Me and auto type are dangerous when discussing this pipeline a while back I said the original easement was purchased for 40K that is incorrect the original easement for the pipeline was purchased for 1K in 1938. LOL that was probably more like the price of the whole Farm


----------



## vhaby (Dec 30, 2009)

We have a natural gas pipeline on our place with a 50 ft easement that was relatively unattended. A couple of years ago the gas company came through re-clearing the full width of the pipeline, installing access gates in all fences, and painting T-posts blue with white at the top for five posts on either side of the gates, and placing a yellow T-post over the pipeline and a warning sign at each fence. They were working on the far side of my new alfalfa fence when I caught up to the crew. I demanded that they leave my alfalfa fence alone and simply go around to the other side of the 8-acre alfalfa patch, which they did after allowing me to talk to their supervisor. They stayed off the alfalfa; no gates in that fence; and no blue and white T-posts on the near side fence.


----------



## endrow (Dec 15, 2011)

Talk to Ugi they are saying what shut the pipeline job down was, inspector came in did a random check for pipe quality and found some gases and grooves under the code rapper on the steel pipe. He wanted what they laid so far dug up and checked and all new pipe used as usual UGA wins which is good I didn't want to have to see him to get it up again.. as far as the water in a ditch they threw the pipe in the water and buried it with my topsoil they made concrete brakes every 60 feet in the rest of my farm so the water does not follow the pipe does not follow the pipe. For all you pipeline experts this is to be a high pressure line can you tell me what the pressure is approximately in a high pressure transmission line. I could ask UGI but they have lied about everything else.


----------



## Farmerbrown2 (Sep 25, 2018)

From what I know medium pressure is 50psi and under low pressure is measured in inch pounds so high pressure can be anywhere from 51psi up to 1600psi for that size pipe my best guess would be 6-800psi . Believe me you do not want to make any mistakes around that pipe. You should try hitting up the guys for a couple of loads of stone for your driveway UGI usually is willing to do that to keep land owner happy.


----------



## PaMike (Dec 7, 2013)

Nice concrete break...wonder if that's the approved method...looks pretty half ass..we have a sewerline running up our shale valley.
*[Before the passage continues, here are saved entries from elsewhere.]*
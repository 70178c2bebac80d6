-- ===== src/Store/Pending.antt =====
-- crates/db-core/src/store/session_results.rs: a reply does not change for how many answers a store
-- waits.
use reldex.Base.{
  ℕ, ◌≡◌, refl, ◌∙◌, inl, inr, Bool-cases, Bool, true, false, not, ◌&&◌, Option, none, some, List,
  [], ◌∷◌, arith, ltb, length, ◌==◌, if◌then◌else◌,
}
use reldex.Driver.Error.{DbResult, ok, err, DbError}
use reldex.Store.Ids.{result_eq}
use reldex.Store.Result.{FetchTicket, SegmentReply, Fetched, InFlight, ResultStore, is_active}
use reldex.Store.Inputs.{
  append, settle, forget, fail, find_entry, drop_entry, out_of_sequence, fetch_failed,
  note_exhausted, accept, answered, is_expected, take_front, on_fetched,
}

pub settle-pending :
    (s : ResultStore) → (settle s).transaction_ends_pending ≡ s.transaction_ends_pending
unfolding settle
settle-pending s = ground arith

taken-pending :
    (s : ResultStore) (reply : SegmentReply) (b : Bool)
    → (if b
        then append (note_exhausted s reply.exhausted) reply.segment
        else note_exhausted s reply.exhausted).transaction_ends_pending
      ≡ s.transaction_ends_pending
unfolding append
taken-pending s reply true = refl
taken-pending s reply false = refl

accept-pending :
    (s : ResultStore) (reply : SegmentReply)
    → (accept s reply).0.transaction_ends_pending ≡ s.transaction_ends_pending
unfolding accept
accept-pending s reply =
    elim (Bool-cases
      (ltb 0 reply.segment.rows && not (length reply.segment.columns == length s.columns))) [
        | inl other ↦ rw other
        | inr fits ↦ rw fits (
            settle-pending (
              if ltb 0 reply.segment.rows
              then append (note_exhausted s reply.exhausted) reply.segment
              else note_exhausted s reply.exhausted)
            ∙ taken-pending s reply (ltb 0 reply.segment.rows))
      ]

answered-pending :
    (s : ResultStore) (reply : DbResult SegmentReply)
    → (answered s reply).0.transaction_ends_pending ≡ s.transaction_ends_pending
unfolding fetch_failed
answered-pending s (err error) = refl
answered-pending s (ok reply) = accept-pending s reply

take_front-pending :
    (s : ResultStore) (es : List InFlight) (reply : DbResult SegmentReply)
    → (take_front s es reply).0.transaction_ends_pending ≡ s.transaction_ends_pending
unfolding forget
take_front-pending s [] reply = refl
take_front-pending s (entry ∷ rest) reply = elim (Bool-cases (is_active s.phase)) [
  | inl a ↦ rw a (answered-pending (forget (record s { in_flight = rest }) entry) reply)
  | inr over ↦ rw over
]

drop_entry-pending :
    (s : ResultStore) (n : ℕ) (o : Option InFlight)
    → (drop_entry s n o).transaction_ends_pending ≡ s.transaction_ends_pending
unfolding forget
drop_entry-pending s n none = refl
drop_entry-pending s n (some e) = refl

failed-pending :
    (b : Bool) (s : ResultStore) (error : DbError)
    → (if b then fail s error else s).transaction_ends_pending ≡ s.transaction_ends_pending
failed-pending true s error = refl
failed-pending false s error = refl

out_of_sequence-pending :
    (s : ResultStore) (n : ℕ)
    → (out_of_sequence s n).transaction_ends_pending ≡ s.transaction_ends_pending
unfolding out_of_sequence
out_of_sequence-pending s n =
    failed-pending _ (drop_entry s n (find_entry n s.in_flight)) _
    ∙ drop_entry-pending s n (find_entry n s.in_flight)

abbrev pub Waits : ℕ → Option (ResultStore × Fetched) → Type 0
Waits n none = Unit {0}
Waits n (some (s, fetched)) = s.transaction_ends_pending ≡ n

pub on_fetched-Waits :
    (debug : Bool) (s : ResultStore) (ticket : FetchTicket) (reply : DbResult SegmentReply)
    → Waits s.transaction_ends_pending (on_fetched debug s ticket reply)
unfolding on_fetched
on_fetched-Waits debug s ticket reply = elim (Bool-cases (result_eq ticket.result s.result)) [
  | inr other ↦ rw other refl
  | inl own ↦ elim (Bool-cases (is_expected s.in_flight ticket.sequence)) [
    | inl expected ↦ rw (own, expected) (take_front-pending s s.in_flight reply)
    | inr wrong ↦ rw (own, wrong) (released debug)
  ]
]
  where
    released :
        (b : Bool)
        → Waits s.transaction_ends_pending
            (if b then none else some (out_of_sequence s ticket.sequence, Fetched.out_of_sequence))
    released true = tt
    released false = out_of_sequence-pending s ticket.sequence
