-- ===== src/Store/Waiting.antt =====
-- crates/db-core/src/store/session_results.rs: while the end of a transaction is announced and not
-- answered, no store of the session fetches.
use reldex.Base.{
  ℕ, zero, suc, ◌+◌, ◌-◌, ◌≡◌, refl, ap, subst, ◌∙◌, inl, inr, Bool-cases, Bool, true, false,
  Option, none, some, some-inj, List, [], ◌∷◌, ◌++◌, map, arith, if◌then◌else◌,
}
use reldex.Driver.Error.{DbResult, ok, err, is_ok}
use reldex.Store.Ids.{session_eq, ResultId, result_eq}
use reldex.Store.Policy.{ResultPolicy}
use reldex.Store.Result.{FetchTicket, SegmentReply, Fetched, ResultStore, new_store}
use reldex.Store.Inputs.{
  on_fetched, transaction_end_submitted, transaction_end_answered, ExecuteOutcome,
  statement_executed, session_ended,
}
use reldex.Store.Pending.{Waits, on_fetched-Waits}
use reldex.Events.Event.{SessionEvent, ends_transaction, event_session}
use reldex.Store.Session.{
  Observed, SessionResults, announce, without, open_if_any, open_store, remove, take_out,
  end_submitted, fetched_by, fetched_first, cons_store, segment_observed, noted, observe_own,
  observe,
}

-- Every store waits for as many answers as the session does.
abbrev pub AllWait : ℕ → List ResultStore → Type 0
AllWait n [] = Unit {0}
AllWait n (s ∷ stores) = (s.transaction_ends_pending ≡ n) × AllWait n stores

AllWait-append :
    (n : ℕ) (stores : List ResultStore) (s : ResultStore)
    → AllWait n stores
    → s.transaction_ends_pending ≡ n
    → AllWait n (stores ++ (s ∷ []))
AllWait-append n [] s h e = (e, tt)
AllWait-append n (x ∷ stores) s (p, h) e = (p, AllWait-append n stores s h e)

AllWait-without :
    (n : ℕ) (result : ResultId) (stores : List ResultStore)
    → AllWait n stores
    → AllWait n (without result stores)
AllWait-without n result [] h = tt
AllWait-without n result (s ∷ stores) (p, h) =
    kept (result_eq s.result result) (AllWait-without n result stores h)
  where
    kept :
        (b : Bool)
        → AllWait n (without result stores)
        → AllWait n (if b then without result stores else s ∷ without result stores)
    kept true rest = rest
    kept false rest = (p, rest)

AllWait-map :
    (f : ResultStore → ResultStore) (n m : ℕ) (stores : List ResultStore)
    → ((s : ResultStore) → s.transaction_ends_pending ≡ n → (f s).transaction_ends_pending ≡ m)
    → AllWait n stores
    → AllWait m (map f stores)
AllWait-map f n m [] each h = tt
AllWait-map f n m (s ∷ stores) each (p, h) = (each s p, AllWait-map f n m stores each h)

announce-pending :
    (n : ℕ) (s : ResultStore)
    → (announce n s).transaction_ends_pending ≡ n + s.transaction_ends_pending
unfolding transaction_end_submitted
announce-pending zero s = omega arith
announce-pending (suc n) s = omega (arith, announce-pending n (transaction_end_submitted s))

-- The stores of a session wait as it does.
abbrev pub IsWaiting : SessionResults → Type 0
IsWaiting r = AllWait r.transaction_ends_pending r.stores

pub open_store-IsWaiting :
    (r : SessionResults) (outcome : ExecuteOutcome) (policy : ResultPolicy)
    → IsWaiting r
    → IsWaiting (open_store r outcome policy).0
unfolding open_store
open_store-IsWaiting r outcome policy h = opened outcome.result
  where
    opened : (o : Option ResultId) → IsWaiting (open_if_any r outcome policy o).0
    opened none = h
    opened (some result) = elim (Bool-cases (session_eq result.session r.session)) [
      | inr foreign ↦ rw foreign h
      | inl own ↦ rw own (
          AllWait-append r.transaction_ends_pending (without result r.stores) _
            (AllWait-without _ result r.stores h)
            (omega (
              arith,
              announce-pending r.transaction_ends_pending (new_store result outcome.columns policy),
            )))
    ]

pub end_submitted-IsWaiting : (r : SessionResults) → IsWaiting r → IsWaiting (end_submitted r)
unfolding end_submitted
end_submitted-IsWaiting r h =
    AllWait-map transaction_end_submitted _ _ r.stores (λ s e. omega arith) h

abbrev AllWaitIn : ℕ → Option (Option Fetched × List ResultStore) → Type 0
AllWaitIn n none = Unit {0}
AllWaitIn n (some (fetched, stores)) = AllWait n stores

fetched_by-AllWaitIn :
    (debug : Bool) (ticket : FetchTicket) (reply : DbResult SegmentReply) (n : ℕ)
    (stores : List ResultStore)
    → AllWait n stores
    → AllWaitIn n (fetched_by debug ticket reply stores)
unfolding fetched_by
fetched_by-AllWaitIn debug ticket reply n [] h = tt
fetched_by-AllWaitIn debug ticket reply n (s ∷ stores) (p, h) =
    by_owner (result_eq s.result ticket.result) (fetched_by-AllWaitIn debug ticket reply n stores h)
  where
    first :
        (o : Option (ResultStore × Fetched))
        → Waits s.transaction_ends_pending o
        → AllWaitIn n (fetched_first stores o)
    first none w = tt
    first (some (t, fetched)) w = (w ∙ p, h)

    rest :
        (o : Option (Option Fetched × List ResultStore))
        → AllWaitIn n o
        → AllWaitIn n (cons_store s o)
    rest none w = tt
    rest (some (fetched, ss)) w = (p, w)

    by_owner :
        (b : Bool)
        → AllWaitIn n (fetched_by debug ticket reply stores)
        → AllWaitIn n (
            if b
            then fetched_first stores (on_fetched debug s ticket reply)
            else cons_store s (fetched_by debug ticket reply stores))
    by_owner true w =
        first (on_fetched debug s ticket reply) (on_fetched-Waits debug s ticket reply)
    by_owner false w = rest (fetched_by debug ticket reply stores) w

segment_observed-IsWaiting :
    (r r' : SessionResults) (result : ResultId) (o : Option (Option Fetched × List ResultStore))
    (seen : Observed)
    → AllWaitIn r.transaction_ends_pending o
    → segment_observed r result o ≡ some (r', seen)
    → IsWaiting r'
segment_observed-IsWaiting r r' result none seen w e = cc
segment_observed-IsWaiting r r' result (some (fetched, stores)) seen w e =
    subst IsWaiting (ap (λ p. p.0) (some-inj _ _ e)) w

answered-pending :
    (s : ResultStore) (succeeded : Bool)
    → (transaction_end_answered s succeeded).transaction_ends_pending
      ≡ s.transaction_ends_pending - 1
unfolding transaction_end_answered
answered-pending s true = refl
answered-pending s false = refl

pub executed-pending :
    (s : ResultStore) (outcome : ExecuteOutcome)
    → (statement_executed s outcome).transaction_ends_pending ≡ s.transaction_ends_pending
unfolding statement_executed
executed-pending s outcome = ground arith

noted-IsWaiting : (r : SessionResults) (e : SessionEvent) → IsWaiting r → IsWaiting (noted r e)
unfolding session_ended
noted-IsWaiting r (SessionEvent.executed session (ok outcome)) h =
    AllWait-map _ _ _ r.stores (λ s e. executed-pending s outcome ∙ e) h
noted-IsWaiting r (SessionEvent.executed session (err e)) h = h
noted-IsWaiting r (SessionEvent.completed session operation result) h =
    by_operation (ends_transaction operation)
  where
    by_operation :
        (b : Bool)
        → IsWaiting (
            if b
            then record r {
              transaction_ends_pending = r.transaction_ends_pending - 1;
              stores = map (λ s. transaction_end_answered s (is_ok result)) r.stores;
            }
            else r)
    by_operation true =
        AllWait-map _ _ _ r.stores (λ s e. answered-pending s (is_ok result) ∙ ap (λ n. n - 1) e) h
    by_operation false = h
noted-IsWaiting r (SessionEvent.terminal session) h =
    AllWait-map session_ended _ _ r.stores (λ s e. e) h
noted-IsWaiting r (SessionEvent.fetched_segment session fetch reply) h = h
noted-IsWaiting r (SessionEvent.other_reply session) h = h
noted-IsWaiting r (SessionEvent.executing session) h = h
noted-IsWaiting r (SessionEvent.server_output session lines dropped failure invalid) h = h
noted-IsWaiting r (SessionEvent.transaction_state_changed session active) h = h

noted_as :
    (r r' : SessionResults) (e : SessionEvent) (seen : Observed)
    → IsWaiting r
    → ◌≡◌ {A = Option (SessionResults × Observed)}
        (some (noted r e, Observed.event e))
        (some (r', seen))
    → IsWaiting r'
noted_as r r' e seen h q = subst IsWaiting (ap (λ p. p.0) (some-inj _ _ q)) (noted-IsWaiting r e h)

observe_own-IsWaiting :
    (debug : Bool) (r r' : SessionResults) (e : SessionEvent) (seen : Observed)
    → IsWaiting r
    → observe_own debug r e ≡ some (r', seen)
    → IsWaiting r'
observe_own-IsWaiting debug r r' (SessionEvent.fetched_segment session fetch reply) seen h q =
    segment_observed-IsWaiting r r' fetch.result _ seen
      (fetched_by-AllWaitIn debug fetch reply _ r.stores h) q
observe_own-IsWaiting debug r r' (SessionEvent.executed session outcome) seen h q =
    noted_as r r' (SessionEvent.executed session outcome) seen h q
observe_own-IsWaiting debug r r' (SessionEvent.completed session operation result) seen h q =
    noted_as r r' (SessionEvent.completed session operation result) seen h q
observe_own-IsWaiting debug r r' (SessionEvent.terminal session) seen h q =
    noted_as r r' (SessionEvent.terminal session) seen h q
observe_own-IsWaiting debug r r' (SessionEvent.other_reply session) seen h q =
    noted_as r r' (SessionEvent.other_reply session) seen h q
observe_own-IsWaiting debug r r' (SessionEvent.executing session) seen h q =
    noted_as r r' (SessionEvent.executing session) seen h q
observe_own-IsWaiting debug r r' (SessionEvent.server_output session lines dropped failure invalid)
      seen h q =
    noted_as r r' (SessionEvent.server_output session lines dropped failure invalid) seen h q
observe_own-IsWaiting debug r r' (SessionEvent.transaction_state_changed session active) seen h q =
    noted_as r r' (SessionEvent.transaction_state_changed session active) seen h q

pub observe-IsWaiting :
    (debug : Bool) (r r' : SessionResults) (e : SessionEvent) (seen : Observed)
    → IsWaiting r
    → observe debug r e ≡ some (r', seen)
    → IsWaiting r'
unfolding observe
observe-IsWaiting debug r r' e seen h q =
    elim (Bool-cases (session_eq (event_session e) r.session)) [
      | inr foreign ↦ subst IsWaiting (ap (λ p. p.0) (some-inj _ _ (rw foreign at q))) h
      | inl own ↦ observe_own-IsWaiting debug r r' e seen h (rw own at q)
    ]

take_out-AllWait :
    (n : ℕ) (result : ResultId) (stores : List ResultStore)
    → AllWait n stores
    → AllWait n (take_out result stores).1
take_out-AllWait n result [] h = tt
take_out-AllWait n result (s ∷ stores) (p, h) = elim (Bool-cases (result_eq s.result result)) [
  | inl same ↦ rw same h
  | inr other ↦ rw other (p, take_out-AllWait n result stores h)
]

pub remove-IsWaiting :
    (r : SessionResults) (result : ResultId) → IsWaiting r → IsWaiting (remove r result).1
unfolding remove
remove-IsWaiting r result h = take_out-AllWait r.transaction_ends_pending result r.stores h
The water follows the sewerline bigtime. I was putting in a tile line and as soon as I crossed over the sewerline my trench instantly filled with water. Water runs through the disturbed shale layers from the sewer excavation, hits my tile line at 90 degress, then flows out to the creek...


----------



## endrow (Dec 15, 2011)

Something about placing a concreate pillar setting on top of high pressure line . thing comes up to just about ground level.It is in an area we make hay that can be a bit spongy . They are placing one every 75 feet on the lower ground


----------



## endrow (Dec 15, 2011)

farmerbrown said:


> From what I know medium pressure is 50psi and under low pressure is measured in inch pounds so high pressure can be anywhere from 51psi up to 1600psi for that size pipe my best guess would be 6-800psi . Believe me you do not want to make any mistakes around that pipe. You should try hitting up the guys for a couple of loads of stone for your driveway UGI usually is willing to do that to keep land owner happy.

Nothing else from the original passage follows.